Our chickens were free range at our other property....so they didn't get any scratch or chicken feed...they ate grass, bugs, the goat minerals and left over grain. (5 acres, 30 chickens) 

However, we decided against having the chickens free range because stepping in chicken poop can really ruin your day....it stinks! LOL Not to mention they poop EVERYWHERE....including in all of the feed/water buckets so they really make a lot more work in the sanitizing department.


----------



## Realfoodmama (Apr 13, 2010)

We have chickens and let them into the goat pen on occasion but generally try to keep them separate, mostly to avoid injury to the birds. A chicken was stepped on by my Nubian earlier this winter and has a permanent limp as a result.

I also keep them well clear of the goats hay supply in order to avoid contamination.


----------



## logansmommy7 (Nov 11, 2009)

Mine coexist just fine-I just keep the chicken food locked up in their coop-and the chickens away if a goat is having babies (for fear of chickens pecking on a birthing goat). Other than that-they are great pals-and the chickens LOVE to lay their eggs in the goat's hay feeder...errrrrgggghhh


----------



## Mon Reve Farm (Jun 25, 2010)

We have both full sized layers/dual purpose and bantams. We tend to keep the bantams in a separate area so they don't get hurt by any of the other farm animals. However, the full size coexist with the goats but I keep them out of the barn. This helps to keep the hay, minerals and water tubs clear.

Other than that we haven't had any issues and the chickens are good at digging through the bedding and eating bugs, etc.


----------



## cdtrum (Aug 25, 2008)

I keep mine separate.....I don't want my goaties stepping in the chicken poo and don't want to chance my goaties getting into chicken feed.....and chickens will dirty up your water buckets and then the goats won't want to drink.


----------



## milkmaid (Sep 15, 2010)

What they said.  
Yes, unless you have a really good setup, it's hard to keep the chickens out of the goats' water and food, and the goats out of the chicken feed. If you have full size goats, you can give them a water bucket or trough that the chickens can't reach, but that's out for nigis.
You have to feed them in separated areas, unless you only have a few of each - then you can toss the chicken feed out, and quick feed the goats while the chickens are occupied somewhere else. Even then, it doesn't work all the time!
The long and short of it is, you can work something out if you have to (like we did), but it would be much easier to keep them separate.


----------



## naturalgoats (Jan 3, 2011)

One other quick warning..... I recently discovered that on of my boys has a taste for eggs  :doh: 
I also agree that you want to keep them out of your hay but I've never had a problem with injury despite the fact that my saanen wether has no fondness in his heart for birds.


----------



## savingdogs (Feb 2, 2011)

I have goats, chickens and ducks.

I find it best to keep them apart. The ducks leave too much poo on the ground and the chickens try to nest in the hay. Mine all get along fine but it doesn't really work out.


----------



## imaginationacres (Sep 27, 2009)

Mine all coexist together. I have a flock of larger size laying hens and nigerian dwarf goats. The coop is completely goat proof and the hens get their grain in there so the goats can't get at it and risk bloat. 

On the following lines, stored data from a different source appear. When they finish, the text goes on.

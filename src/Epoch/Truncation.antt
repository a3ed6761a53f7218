-- ===== src/Epoch/Truncation.antt =====
-- internal/log/epoch_cache.go, TruncateFromEnd and TruncateAfter: what survives.
use distributed_messaging_sy.Common.{
  ℕ, ◌+◌, ◌≤◌, ◌≡◌, ◌↔◌, ap, refl, false, List, [], ◌∷◌, arith, ltb, length, if◌then◌else◌, All,
}
use distributed_messaging_sy.Epoch.{
  EpochEntry, keep_starting_before, keep_starting_by, truncate_from_end, truncate_after,
}
use distributed_messaging_sy.Epoch.Order.{Precedes, IsAscending}

-- The entries that start below an offset, wherever they stand.
unfoldable pub starting_below : ℕ → List EpochEntry → List EpochEntry
starting_below offset [] = []
starting_below offset (e ∷ es) =
    let rest = starting_below offset es in if ltb e.start_offset offset then e ∷ rest else rest

starting_below-none :
    (offset : ℕ) (e : EpochEntry) (es : List EpochEntry)
    → All (Precedes e) es
    → ltb e.start_offset offset ≡ false
    → starting_below offset es ≡ []
unfolding starting_below
starting_below-none offset e [] h n = refl
starting_below-none offset e (f ∷ es) h n = ground (arith, starting_below-none offset e es h.1)

keep_starting_before-below :
    (offset : ℕ) (es : List EpochEntry)
    → IsAscending es
    → keep_starting_before offset es ≡ starting_below offset es
unfolding keep_starting_before starting_below
keep_starting_before-below offset [] h = refl
keep_starting_before-below offset (e ∷ es) h =
    ground (arith, keep_starting_before-below offset es h.2, starting_below-none offset e es h.1)

keep_starting_by-below :
    (offset : ℕ) (es : List EpochEntry)
    → IsAscending es
    → keep_starting_by offset es ≡ starting_below (offset + 1) es
unfolding keep_starting_by starting_below
keep_starting_by-below offset [] h = refl
keep_starting_by-below offset (e ∷ es) h =
    ground (arith, keep_starting_by-below offset es h.2, starting_below-none (offset + 1) e es h.1)

length-keep_starting_before :
    (offset : ℕ) (es : List EpochEntry)
    → (length (keep_starting_before offset es) ≤ length es)
      × (length (keep_starting_before offset es) ≡ length es → keep_starting_before offset es ≡ es)
unfolding keep_starting_before
length-keep_starting_before offset [] = (omega arith, λ h. refl)
length-keep_starting_before offset (e ∷ es) =
    let (shorter, same) = length-keep_starting_before offset es in
    (ground arith, λ h. ground (arith, same))

length-keep_starting_by :
    (offset : ℕ) (es : List EpochEntry)
    → (length (keep_starting_by offset es) ≤ length es)
      × (length (keep_starting_by offset es) ≡ length es → keep_starting_by offset es ≡ es)
unfolding keep_starting_by
length-keep_starting_by offset [] = (omega arith, λ h. refl)
length-keep_starting_by offset (e ∷ es) =
    let (shorter, same) = length-keep_starting_by offset es in
    (ground arith, λ h. ground (arith, same))

-- On ascending entries TruncateFromEnd keeps exactly the entries that start below the offset, and
-- it reports a change exactly when that is not all of them.
pub truncate_from_end-below :
    (es : List EpochEntry) (offset : ℕ)
    → IsAscending es
    → ((truncate_from_end es offset).0 ≡ starting_below offset es)
      × (((truncate_from_end es offset).1 ≡ false) ↔ (starting_below offset es ≡ es))
unfolding truncate_from_end
truncate_from_end-below es offset h =
    let same = (length-keep_starting_before offset es).1 in
    let kept = keep_starting_before-below offset es h in
    (
      ground (arith, same, kept),
      (λ p. ground (arith, same, kept), λ p. ground (arith, ap length kept, ap length p)),
    )

-- TruncateAfter keeps the entry that starts at the offset too: it is TruncateFromEnd at the next
-- offset, on ascending entries.
pub truncate_after-from_end :
    (es : List EpochEntry) (offset : ℕ)
    → IsAscending es
    → truncate_after es offset ≡ truncate_from_end es (offset + 1)
unfolding truncate_after truncate_from_end
truncate_after-from_end es offset h =
    ground (arith, keep_starting_by-below offset es h, keep_starting_before-below (offset + 1) es h)

All-starting_below :
    (e : EpochEntry) (offset : ℕ) (es : List EpochEntry)
    → All (Precedes e) es
    → All (Precedes e) (starting_below offset es)
unfolding starting_below
All-starting_below e offset [] h = tt
All-starting_below e offset (f ∷ es) h = ground (arith, All-starting_below e offset es h.1)

pub starting_below-IsAscending :
    (offset : ℕ) (es : List EpochEntry) → IsAscending es → IsAscending (starting_below offset es)
unfolding starting_below
starting_below-IsAscending offset [] h = tt
starting_below-IsAscending offset (e ∷ es) h =
    ground (arith, starting_below-IsAscending offset es h.2, All-starting_below e offset es h.1)
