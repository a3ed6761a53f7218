-- ===== src/Epoch/Lookup.antt =====
-- internal/log/epoch_cache.go, EpochForOffset and EndOffsetFor: what a reader learns.
use distributed_messaging_sy.Common.{
  ℕ, ◌<◌, ◌≤◌, ◌≡◌, ◌≢◌, ◌↔◌, refl, none, some, List, [], ◌∷◌, arith, ltb, ◌==◌, if◌then◌else◌, All,
  IsU32, Bool-cases, inl, inr,
}
use mathlib.Core.List.{Memᴰ}
use distributed_messaging_sy.Epoch.{
  EpochEntry, EpochEndOffset, last_entry, epoch_for_offset_loop, epoch_for_offset, absent, found,
  scan_entry, scan_back, end_offset_for,
}
use distributed_messaging_sy.Epoch.Order.{IsEpoch, Precedes, IsAscending, last_entry_bounds}

-- The start offset of the first entry with a later epoch than `requested`, or else `leo`.
unfoldable pub next_start : ℕ → ℕ → List EpochEntry → ℕ
next_start requested leo [] = leo
next_start requested leo (e ∷ es) =
    let rest = next_start requested leo es in if ltb requested e.epoch then e.start_offset else rest

-- The epoch of the last entry with an epoch of at most `requested`, or else `before`.
unfoldable pub epoch_by : ℕ → ℕ → List EpochEntry → ℕ
epoch_by requested before [] = before
epoch_by requested before (e ∷ es) =
    let rest = epoch_by requested e.epoch es in if ltb requested e.epoch then before else rest

scan_back-absent :
    (requested : ℕ) (es : List EpochEntry)
    → IsEpoch requested
    → IsAscending es
    → All (λ e. requested < e.epoch) es
    → scan_back requested es ≡ absent
unfolding scan_back scan_entry
scan_back-absent requested [] hr h p = refl
scan_back-absent requested (e ∷ []) hr h p = ground arith
scan_back-absent requested (e ∷ f ∷ es) hr h p =
    ground (arith, scan_back-absent requested (f ∷ es) hr h.2 p.1)

All-Precedes-later :
    (requested : ℕ) (e : EpochEntry) (es : List EpochEntry)
    → requested ≤ e.epoch
    → All (Precedes e) es
    → All (λ f. requested < f.epoch) es
All-Precedes-later requested e [] h p = tt
All-Precedes-later requested e (f ∷ es) h p = (omega arith, All-Precedes-later requested e es h p.1)

scan_back-found :
    (requested leo : ℕ) (e : EpochEntry) (es : List EpochEntry)
    → IsEpoch requested
    → IsAscending (e ∷ es)
    → e.epoch ≤ requested
    → requested < (last_entry e es).epoch
    → scan_back requested (e ∷ es)
      ≡ found (record {
        end_epoch = epoch_by requested e.epoch es;
        end_offset = next_start requested leo es;
      })
unfolding scan_back scan_entry last_entry epoch_by next_start
scan_back-found requested leo e [] hr h p q = absurd (omega arith)
scan_back-found requested leo e (f ∷ es) hr h p q = elim (Bool-cases (ltb requested f.epoch)) [
  | inl later ↦ ground (
    arith,
    scan_back-absent requested (f ∷ es) hr h.2,
    All-Precedes-later requested f es (ground arith) h.2.1,
  )
  | inr by ↦ ground (arith, scan_back-found requested leo f es hr h.2)
]

epoch_by-last :
    (requested leo : ℕ) (e : EpochEntry) (es : List EpochEntry)
    → IsAscending (e ∷ es)
    → requested ≡ (last_entry e es).epoch
    → (epoch_by requested e.epoch es ≡ requested) × (next_start requested leo es ≡ leo)
unfolding last_entry epoch_by next_start
epoch_by-last requested leo e [] h p = ground arith
epoch_by-last requested leo e (f ∷ es) h p =
    ground (arith, epoch_by-last requested leo f es h.2 p, last_entry_bounds f es h.2)

-- What EndOffsetFor answers on ascending entries: nothing if there are none, if the epoch is
-- negative or if it is newer than the latest; otherwise the largest known epoch that is at most
-- the requested one (the requested one itself if all are newer), with the offset at which the next
-- newer epoch begins, or the log end offset if there is no newer one. The backward loop never
-- falls through and never reads behind the last entry.
pub end_offset_for-next_start :
    (e : EpochEntry) (es : List EpochEntry) (requested leo : ℕ)
    → IsAscending (e ∷ es)
    → IsU32 requested
    → end_offset_for (e ∷ es) requested leo ≡ (
        if ltb (last_entry e es).epoch requested
        then absent
        else found (record {
          end_epoch = epoch_by requested requested (e ∷ es);
          end_offset = next_start requested leo (e ∷ es);
        }))
unfolding end_offset_for epoch_by next_start
end_offset_for-next_start e es requested leo h hr =
    elim (Bool-cases (requested == (last_entry e es).epoch)) [
      | inl same ↦ ground (arith, last_entry_bounds e es h, epoch_by-last requested leo e es h)
      | inr other ↦ ground (arith, last_entry_bounds e es h, scan_back-found requested leo e es)
    ]

-- `epoch` is the epoch of the entry `entry`, which starts by the offset, and the next newer epoch
-- begins behind the offset.
pub record IsOwner (offset leo epoch : ℕ) (entry : EpochEntry) (es : List EpochEntry) : Type 0 where
  pub entry_mem : Memᴰ entry es
  pub entry_epoch : entry.epoch ≡ epoch
  pub starts_by : entry.start_offset ≤ offset
  pub ends_behind : offset < next_start epoch leo es

-- The same with what the induction needs of the entries behind `e`.
record IsOwnerFrom (offset leo epoch : ℕ) (e : EpochEntry) (es : List EpochEntry) : Type 0 where
  entry : EpochEntry
  entry_mem : Memᴰ entry (e ∷ es)
  entry_epoch : entry.epoch ≡ epoch
  starts_by : entry.start_offset ≤ offset
  ends_behind : offset < next_start epoch leo es
  known : epoch_by epoch e.epoch es ≡ epoch
  not_before : e.epoch ≤ epoch
  not_after : epoch ≤ (last_entry e es).epoch

epoch_for_offset_loop-IsOwnerFrom :
    (offset leo x : ℕ) (e : EpochEntry) (es : List EpochEntry)
    → offset < leo
    → e.start_offset ≤ offset
    → IsAscending (e ∷ es)
    → epoch_for_offset_loop offset (some e.epoch) es ≡ some x
    → IsOwnerFrom offset leo x e es
unfolding epoch_for_offset_loop next_start epoch_by last_entry
epoch_for_offset_loop-IsOwnerFrom offset leo x e [] ho hs h p = record {
  entry = e;
  entry_mem = Memᴰ.head refl;
  entry_epoch = ground arith;
  starts_by = hs;
  ends_behind = ho;
  known = ground arith;
  not_before = ground arith;
  not_after = ground arith;
}
epoch_for_offset_loop-IsOwnerFrom offset leo x e (f ∷ es) ho hs h p =
    elim (Bool-cases (ltb offset f.start_offset)) [
      | inl behind ↦ record {
        entry = e;
        entry_mem = Memᴰ.head refl;
        entry_epoch = ground arith;
        starts_by = hs;
        ends_behind = ground arith;
        known = ground arith;
        not_before = ground arith;
        not_after = ground (arith, last_entry_bounds f es h.2);
      }
      | inr by ↦
          let o =
            epoch_for_offset_loop-IsOwnerFrom offset leo x f es ho (ground arith) h.2
              (ground arith) in
          record {
            entry = o.entry;
            entry_mem = Memᴰ.tail o.entry_mem;
            entry_epoch = o.entry_epoch;
            starts_by = o.starts_by;
            ends_behind = ground (arith, o.ends_behind, o.not_before);
            known = ground (arith, o.known, o.not_before);
            not_before = ground (arith, o.not_before);
            not_after = o.not_after;
          }
    ]

IsOwnerFrom-end_offset_for :
    (offset leo x : ℕ) (e : EpochEntry) (es : List EpochEntry)
    → IsAscending (e ∷ es)
    → IsOwnerFrom offset leo x e es
    → end_offset_for (e ∷ es) x leo
      ≡ found (record { end_epoch = x; end_offset = next_start x leo (e ∷ es) })
unfolding epoch_by
IsOwnerFrom-end_offset_for offset leo x e es h o = ground (
  arith,
  end_offset_for-next_start e es x leo h,
  last_entry_bounds e es h,
  o.known,
  o.not_before,
  o.not_after,
)

IsOwnerFrom-IsOwner :
    (offset leo x : ℕ) (e : EpochEntry) (es : List EpochEntry) (o : IsOwnerFrom offset leo x e es)
    → IsOwner offset leo x o.entry (e ∷ es)
unfolding next_start
IsOwnerFrom-IsOwner offset leo x e es o = record {
  entry_mem = o.entry_mem;
  entry_epoch = o.entry_epoch;
  starts_by = o.starts_by;
  ends_behind = ground (arith, o.ends_behind, o.not_before);
}

-- Where EpochForOffset names an epoch for an offset below the log end offset, an entry of that
-- epoch starts by the offset, the next newer epoch starts behind the offset, and EndOffsetFor of
-- that epoch, at the same log end offset, answers with that epoch and that start.
pub epoch_for_offset-end_offset_for :
    (e : EpochEntry) (es : List EpochEntry) (offset leo : ℕ) {x : ℕ}
    → IsAscending (e ∷ es)
    → offset < leo
    → epoch_for_offset (e ∷ es) offset ≡ some x
    → (entry : EpochEntry) × IsOwner offset leo x entry (e ∷ es)
      × (end_offset_for (e ∷ es) x leo
          ≡ found (record { end_epoch = x; end_offset = next_start x leo (e ∷ es) }))
unfolding epoch_for_offset epoch_for_offset_loop
epoch_for_offset-end_offset_for e es offset leo {x} h ho p =
    let o =
      epoch_for_offset_loop-IsOwnerFrom offset leo x e es ho (ground arith) h (ground arith) in
    (
      o.entry,
      IsOwnerFrom-IsOwner offset leo x e es o,
      IsOwnerFrom-end_offset_for offset leo x e es h o,
    )

epoch_for_offset_loop-ne-none :
    (offset y : ℕ) (es : List EpochEntry) → epoch_for_offset_loop offset (some y) es ≢ none
unfolding epoch_for_offset_loop
epoch_for_offset_loop-ne-none offset y [] = λ p. cc
epoch_for_offset_loop-ne-none offset y (e ∷ es) =
    λ p. ground (arith, epoch_for_offset_loop-ne-none offset e.epoch es)

-- EpochForOffset finds no epoch exactly for the offsets before the first entry.
pub epoch_for_offset-none :
    (e : EpochEntry) (es : List EpochEntry) (offset : ℕ)
    → (epoch_for_offset (e ∷ es) offset ≡ none) ↔ (offset < e.start_offset)
unfolding epoch_for_offset epoch_for_offset_loop
epoch_for_offset-none e es offset =
    (λ p. ground (arith, epoch_for_offset_loop-ne-none offset e.epoch es), λ p. ground arith)

next_start-lower :
    (b leo : ℕ) (e : EpochEntry) (es : List EpochEntry)
    → All (Precedes e) es
    → e.start_offset ≤ leo
    → e.start_offset ≤ next_start b leo es
unfolding next_start
next_start-lower b leo e [] h hl = hl
next_start-lower b leo e (f ∷ es) h hl = ground (arith, next_start-lower b leo e es h.1 hl)

next_start_mono :
    (a b leo : ℕ) (es : List EpochEntry)
    → IsAscending es
    → All (λ e. e.start_offset ≤ leo) es
    → a ≤ b
    → next_start a leo es ≤ next_start b leo es
unfolding next_start
next_start_mono a b leo [] h hl p = omega arith
next_start_mono a b leo (e ∷ es) h hl p =
    ground (arith, next_start_mono a b leo es h.2 hl.1 p, next_start-lower b leo e es)

-- On ascending entries that start by the log end offset, of two requested epochs that EndOffsetFor
-- answers, the older one is never given a later end offset.
pub end_offset_for_mono :
    (e : EpochEntry) (es : List EpochEntry) (a b leo : ℕ) {ra rb : EpochEndOffset}
    → IsAscending (e ∷ es)
    → All (λ f. f.start_offset ≤ leo) (e ∷ es)
    → IsU32 a
    → IsU32 b
    → a ≤ b
    → end_offset_for (e ∷ es) a leo ≡ found ra
    → end_offset_for (e ∷ es) b leo ≡ found rb
    → ra.end_offset ≤ rb.end_offset
end_offset_for_mono e es a b leo {ra} {rb} h hl ha hb ab pa pb = ground (
  arith,
  end_offset_for-next_start e es a leo h ha,
  end_offset_for-next_start e es b leo h hb,
  next_start_mono a b leo (e ∷ es) h hl ab,
)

The hens love the goats' hay and also are great with bug control. I have never had a hen injured. The poop isn't a problem for me since they free range over a large amount of acreage.


----------



## jay13 (Apr 12, 2009)

I also have goats chickens and ducks. I agree, ducks are messy! I have field fence that separates the area where the chicken coop and the goat area is. I cut out two small squares of the fence at the bottom so that the chickens can get into the goat pen but the goats can't get into the chicken pen. At least that was the theory until I saw my large full sized alpine doe squeeze down through the hole to get into the orchard where my chickens have free reign! I fixed it with a wire half way up the opening, the chickens either go over or under, but the goats can't go through. Oddly enough it also keeps my ducks in. 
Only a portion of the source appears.